ACTIVITY:
Select the lines of the records containing the word "steps" and list them.

SUPPLIED ENTRIES:
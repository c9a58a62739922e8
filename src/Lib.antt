-- ===== src/Lib.antt =====
-- The random number oracle of the WAX network, as one member of a threshold group runs it.
--
-- A member polls the tables of the contract `orng.wax`. For each request it signs a message with its
-- share of the key and submits the partial signature; once a request has enough parts, it combines
-- them and sets the random number; and it delivers again what could not be delivered. Failures are
-- kept in a storage, which says when a job is tried again.
--
-- Files and what they model:
--   Model.antt       rows of the tables `reqs` and `undelivered1`
--   Dict.antt        the objects of failure records, by id
--   Storage.antt     lib/storage.js: `job_failed` is jobFailed, `should_execute_job` shouldExecuteJob,
--                    and so on; Storage/Fingerprint.antt is partsFingerprint, and
--                    Storage/History.antt the history of failures that it implements
--   Shuffle.antt     lib/utils/shuffle.js
--   JobService.antt  lib/jobService.js: paging through a table, the tests of a job, the shuffle of what
--                    was found, and the clearing of records that are resolved
--   Contract.antt    lib/config/eos.js: the transaction that each method builds
--   RngPusher.antt   lib/rngPusher.js: pushing an action and reading the answer
--   ShareKey.antt    lib/shareKeyService.js: screening and combining parts; ShareKey/Message.antt is
--                    make_msg, ShareKey/Signing.antt sign with its checks,
--                    ShareKey/Redaction.antt redactValueEcho, and ShareKey/Service.antt the life of
--                    the service: its constructor, validateShareConfig, initialize, getStatus, isReady
--                    and verifyConsistency
--   Poller.antt      lib/poller.js: its state and the throttled alert; Poller/SetPart.antt,
--                    Poller/Execute.antt, Poller/Deliver.antt and Poller/Alerts.antt are its polls
--   BootChecks.antt  lib/bootChecks.js: the reads, the loop of attempts and the verdict
--   FetchRetry.antt  lib/config/fetchRetry.js: the loop of attempts
--   CheckConfig.antt lib/checkConfig.js, the dry run, and scripts/check-config.js: the report;
--                    CheckConfig/Shape.antt is checkRuntime, checkShape and checkSigningKey,
--                    CheckConfig/Chain.antt checkChain, CheckConfig/Share.antt checkShare and
--                    runConfigChecks; `is_true` is isTrue of lib/config/utils.js
--   Interleaved.antt the polls as they interleave: Interleaved/Parts.antt, Interleaved/Results.antt,
--                    Interleaved/Deliveries.antt and Interleaved/Clearing.antt run each from one `await`
--                    to the next, and Interleaved/System.antt is the process, whose steps pick a poll
--                    Interleaved/Calls.antt says which method of the storage a step performs
--   ConfigLoader.antt lib/config/configLoader.js: loadConfig
--   Http.antt        lib/app.js, lib/routes/index.js, lib/controller and lib/middleware, and
--                    getBootCheckStatus of lib/bootChecks.js
--   Startup.antt     index.js: the dispatch by its arguments, `run` up to the polls, the forked workers,
--                    `poll`, and which incident ends a process
--   DepFloors.antt   scripts/check-dep-floors.js: parseVersion, compareVersions and checkFloors;
--                    DepFloors/Installed.antt is listPackageDirs and findInstalledCopies
--   Prelude.antt     shared lists, texts, tests and results; Tests.antt the theorems at inputs
--
-- How they interact: a poll takes the jobs that JobService selects by the storage, passes each to
-- ShareKey and RngPusher, and writes failures back to the storage. A poll is a function from a state
-- (the storage, the poller's fields, the actions pushed so far, the events counted and posted) to a
-- state; and, in Interleaved, a sequence of steps on that state with what the poll holds while it waits,
-- between which the other polls take theirs. The two are related in Interleaved/PartsAlone.antt and
-- Interleaved/ResultsAlone.antt, by what a poll does when it goes on alone. A read of the job service
-- that throws ends the poll with it. What the code throws is a value of the result. The start of a
-- process initializes the service of the share, runs the boot checks with it, and hands the version
-- of the key that they saw to the poller; the dry run makes the same reads and the same comparison
-- without starting anything.
--
-- Parameters, with what is assumed of them where a theorem needs it: the chain's answer to each
-- pushed action, which may depend on all that was pushed before, nothing assumed; `get_table_rows`,
-- which gives the rows of a table from a key on, page by page (JobService/Paging.antt); SHA-256, which
-- never gives the empty text; the threshold library, nothing assumed; the rows that the node shows to
-- each attempt of the boot checks; what each attempt of a request meets; the clock; what the threshold
-- library's constructors and its parser return or throw; the parser of URLs, the file system and the
-- derivation of a public key that the dry run calls; the file system of the installed packages, with
-- the version that a package.json states; and `Math.floor(x * n)` of the generator's float x, which is
-- below n; what `require` and the two libraries of configuration do; and express-validator's judgement
-- of a value.
--
-- Bounds: numbers are natural numbers; those of the source stay below 2^53 and are exact there.
-- The loops over pages take fuel, and more fuel than the table has rows is enough. The loops over
-- attempts recur on the number of attempts that are left. The walk through the installed packages takes
-- fuel for its depth, and one more than there are real paths of directories is enough.
--
-- Not modelled: the waits inside the load of a poll's rows (a load is one step, and gives any rows that
-- the chain lists), and the microtasks between a push and its request; writing the storage's file, log
-- lines, gauges and the texts of Slack posts; the texts of the dry run's details and formatReport; the
-- pages that the server sends and the matching of routes, which is express's; pushActions of
-- lib/config/eos.js, which has no caller; the user interface and the benchmark.
mod Prelude
pub mod Dict
pub mod Model
pub mod Storage
pub mod Shuffle
pub mod JobService
pub mod Contract
pub mod RngPusher
pub mod ShareKey
pub mod Poller
pub mod BootChecks
pub mod FetchRetry
pub mod CheckConfig
pub mod Startup
pub mod Interleaved
pub mod ConfigLoader
pub mod Http
pub mod DepFloors
mod Tests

SOLUTION FOR THIS PROBLEM:
--                    to the next, and Interleaved/System.antt is the process, whose steps pick a poll
-- state; and, in Interleaved, a sequence of steps on that state with what the poll holds while it waits,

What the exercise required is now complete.